As part of the autumn statement, Chancellor Philip Hammond announced that Britain’s Insurance Premium Tax (IPT) is expected to rise by 2% to a new high of 12%.
Following rises in October 2015 to 9.5% and a subsequent rise in October 2016 to 10%, the new tax will take effect from June 2017, representing the third rise in IPT in less than two years.
First introduced in 1994, IPT is a tax on general insurance premiums and will significantly affect both commercial and personal insurance policies such as combined policies, motor fleet, and household.
According to research carried out by the Mirror Money, this latest announcement will add an estimated £51 to average household bills, whilst Consumer Intelligence estimates the average motor insurance premium of £788 would see an increase of £15 per year.

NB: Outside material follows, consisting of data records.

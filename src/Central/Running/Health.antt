-- ===== src/Central/Running/Health.antt =====
-- The health route of internal/transport/health.go, as `routes` of cmd/central/main.go wires it up.
use dc_streaming_p2p.Base.{ℕ, ◌≤◌, ◌≡◌, ap, some, Text, arith, inr}
use dc_streaming_p2p.Base.Map.Count
use dc_streaming_p2p.Base.Map.Count.{count-le-length}
use dc_streaming_p2p.Config.{Config, Outside, relay_configured}
use dc_streaming_p2p.Config.Load.{load}
use dc_streaming_p2p.Session.Record.{live}
use dc_streaming_p2p.Session.Store
use dc_streaming_p2p.Session.Ops.{count_live}
use dc_streaming_p2p.Registry.Defs
use dc_streaming_p2p.Registry.Windows.{count_lem, is_online}
use dc_streaming_p2p.Signaling.Hub
use dc_streaming_p2p.Transport.Health.{HealthDeps, HealthResponse, health_handler}
use dc_streaming_p2p.Central.Startup.{Components, start}
use dc_streaming_p2p.Central.Running.{World, Runs}
use dc_streaming_p2p.Central.Running.Bounds.{world_of, session_settings, load-Kept}

abbrev pub health_deps : Config → Text → ℕ → World → HealthDeps
health_deps c build now w = record {
  peers_online = some (Defs.count now w.peers).online_count;
  sessions_live = some (count_live w.sessions);
  channels_open = some (Hub.count w.hub);
  relay_configured = relay_configured c;
  build = build;
}

abbrev pub health : Config → Text → ℕ → ℕ → World → HealthResponse
health c build started now w = health_handler (health_deps c build now w) started now

-- From settings that load and whatever has happened since, the health route tells the truth and within
-- the settings' bounds: the sessions it counts are the live ones of those stored, and the peers are
-- those in the registry that are online.
pub load-health :
    {H : Type 0} (sum256 : Text → H) (out : Outside) (c : Config) (parts : Components H) {w : World}
    (build : Text) (started now : ℕ)
    → load out sum256 ≡ inr c
    → start sum256 out ≡ inr parts
    → Runs (world_of parts) w
    → ((health c build started now w).sessions_live ≡ Count.count live w.sessions.sessions)
      × ((health c build started now w).sessions_live ≤ c.max_sessions)
      × ((health c build started now w).peers_online
          ≡ Count.count (is_online w.peers.settings now) w.peers.peers)
      × ((health c build started now w).peers_online ≤ c.max_peers)
unfolding session_settings
load-health sum256 out c parts {w} build started now loads starts runs =
    let (o, k) = load-Kept sum256 out c parts loads starts runs in
    let v = o.valid.inv in
    let ceilings = ap (λ (s : Store.Settings). s.ceiling) o.same_settings in
    let (online, _, _, _) = count_lem _ now w.peers k in
    (
      v.counted,
      omega (arith, v.live_bound, ceilings),
      online,
      omega (
        arith,
        online,
        k.bounded,
        count-le-length (is_online w.peers.settings now) w.peers.peers,
      ),
    )
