-- ===== src/Config/Lists.antt =====
-- `splitList` of internal/config/config.go, and the lists that a setting can spell.
use dc_streaming_p2p.Base.{
  map, if◌then◌else◌, ℕ, Bool, true, false, ◌&&◌, not, List, [], ◌∷◌, ◌++◌, Text, ◌≡◌, refl, ap,
  ◌∙◌, arith, Bool-cases, inl, inr, ◌==◌, not-true, &&-true_left, &&-true_right,
}
use dc_streaming_p2p.Base.Strings.{is_empty, trim_space, split_at, onto_first, has_char, is_space}
use dc_streaming_p2p.Base.Trim.{
  is_trimmed, trim_space_trimmed, trim_space-is_trimmed, is_empty-trim_space, has_char-trim_space,
}
use dc_streaming_p2p.Base.Split.{then_entries, joined, all_plain, split_at-entries}
use dc_streaming_p2p.Config.{kept, split_list}

-- An entry that a list can have: something, with nothing to trim and no comma.
abbrev pub is_entry : Text → Bool
is_entry e = not (is_empty e) && is_trimmed e && not (has_char b',' e)

abbrev pub all_entries : List Text → Bool
all_entries [] = true
all_entries (e ∷ es) = is_entry e && all_entries es

-- The entries that are not empty.
abbrev filled : List Text → List Text
filled [] = []
filled (e ∷ es) = if is_empty e then filled es else e ∷ filled es

is_entry-parts :
    (e : Text)
    → is_entry e ≡ true
    → (is_empty e ≡ false) × (is_trimmed e ≡ true) × (has_char b',' e ≡ false)
is_entry-parts e h = ground arith

kept-map : (parts : List Text) (es : List Text) → map trim_space parts ≡ es → kept parts ≡ filled es
kept-map [] es e = ap filled e
kept-map (part ∷ parts) es e =
    ap (λ more. if is_empty (trim_space part) then more else trim_space part ∷ more)
      (kept-map parts (map trim_space parts) refl)
    ∙ ap filled e

map-trim_space : (es : List Text) → all_entries es ≡ true → map trim_space es ≡ es
map-trim_space [] h = refl
map-trim_space (e ∷ es) h =
    let (given, clean, plain) = is_entry-parts e (&&-true_left (is_entry e) (all_entries es) h) in
    let more = map-trim_space es (&&-true_right (is_entry e) (all_entries es) h) in
    rw (trim_space_trimmed e clean, more) refl

filled-entries : (es : List Text) → all_entries es ≡ true → filled es ≡ es
filled-entries [] h = refl
filled-entries (e ∷ es) h = ground (arith, filled-entries es)

all_entries-plain : (es : List Text) → all_entries es ≡ true → all_plain b',' es ≡ true
all_entries-plain [] h = refl
all_entries-plain (e ∷ es) h = ground (arith, all_entries-plain es)

split_list-nil : split_list [] ≡ []
unfolding split_list trim_space
split_list-nil = refl

starts_solid : (c : ℕ) (s : Text) → is_trimmed (c ∷ s) ≡ true → is_space c ≡ false
starts_solid c s h = not-true (is_space c) (&&-true_left (not (is_space c)) _ h)

split_list-joined : (es : List Text) → all_entries es ≡ true → split_list (joined es) ≡ es
unfolding split_list
split_list-joined [] h = split_list-nil
split_list-joined ([] ∷ es) h = absurd (ground arith)
split_list-joined ((c ∷ e) ∷ es) h =
    let (given, clean, plain) =
      is_entry-parts (c ∷ e) (&&-true_left (is_entry (c ∷ e)) (all_entries es) h) in
    let some_text = is_empty-trim_space c (e ++ then_entries es) (starts_solid c e clean) in
    let entries = (c ∷ e) ∷ es in
    rw some_text (
      kept-map (split_at b',' (joined entries)) (map trim_space entries) (
        split_at-entries (c ∷ e) es plain
          (all_entries-plain es (&&-true_right (is_entry (c ∷ e)) (all_entries es) h)))
      ∙ ap filled (map-trim_space entries h)
      ∙ filled-entries entries h)

all_plain-onto_first :
    (c d : ℕ) (parts : List Text)
    → d == c ≡ false
    → all_plain c parts ≡ true
    → all_plain c (onto_first d parts) ≡ true
all_plain-onto_first c d [] h k = refl
all_plain-onto_first c d (part ∷ parts) h k = ground arith

all_plain-split_at : (c : ℕ) (s : Text) → all_plain c (split_at c s) ≡ true
all_plain-split_at c [] = refl
all_plain-split_at c (d ∷ s) = elim (Bool-cases (d == c)) [
  | inl cut ↦ rw cut (all_plain-split_at c s)
  | inr whole ↦ rw whole (all_plain-onto_first c d (split_at c s) whole (all_plain-split_at c s))
]

kept-all_entries :
    (parts : List Text) → all_plain b',' parts ≡ true → all_entries (kept parts) ≡ true
kept-all_entries [] h = refl
kept-all_entries (part ∷ parts) h =
    let more = kept-all_entries parts (ground arith) in
    elim (Bool-cases (is_empty (trim_space part))) [
      | inl blank ↦ rw blank more
      | inr given ↦
          let clean = trim_space-is_trimmed part in
          let plain = has_char-trim_space b',' part (ground arith) in
          rw (given, given, clean, plain) more
    ]

split_list-all_entries : (raw : Text) → all_entries (split_list raw) ≡ true
unfolding split_list
split_list-all_entries raw = elim (Bool-cases (is_empty (trim_space raw))) [
  | inl blank ↦ rw blank refl
  | inr given ↦ rw given (kept-all_entries (split_at b',' raw) (all_plain-split_at b',' raw))
]

-- A list of entries is read back as it was written. Whatever a setting holds, what is read from it is
-- such a list, so that writing it again and reading that changes nothing.
pub split_list_lem :
    (es : List Text) (raw : Text)
    → all_entries es ≡ true
    → (split_list (joined es) ≡ es)
      × (all_entries (split_list raw) ≡ true)
      × (split_list (joined (split_list raw)) ≡ split_list raw)
split_list_lem es raw h = (
  split_list-joined es h,
  split_list-all_entries raw,
  split_list-joined (split_list raw) (split_list-all_entries raw),
)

The British Brokers’ Association (BIBA) has called the IPT increase ‘outrageous,’ having lobbied the government for a freeze. In a statement the organisation said: “This comes at a time when insurance premiums are rising, and our fear is that many of those who most need it will avoid taking up insurance and be unable to afford the protection they need.”
John Noone, Managing Director of H&H Insurance Brokers commented: “Any increase in tax is unwelcome but especially when it has already experienced increments in recent years.
“The IPT rate will have doubled within two years by the time it comes in next year, and unfortunately, I think we may well see this pattern continuing in years to come.”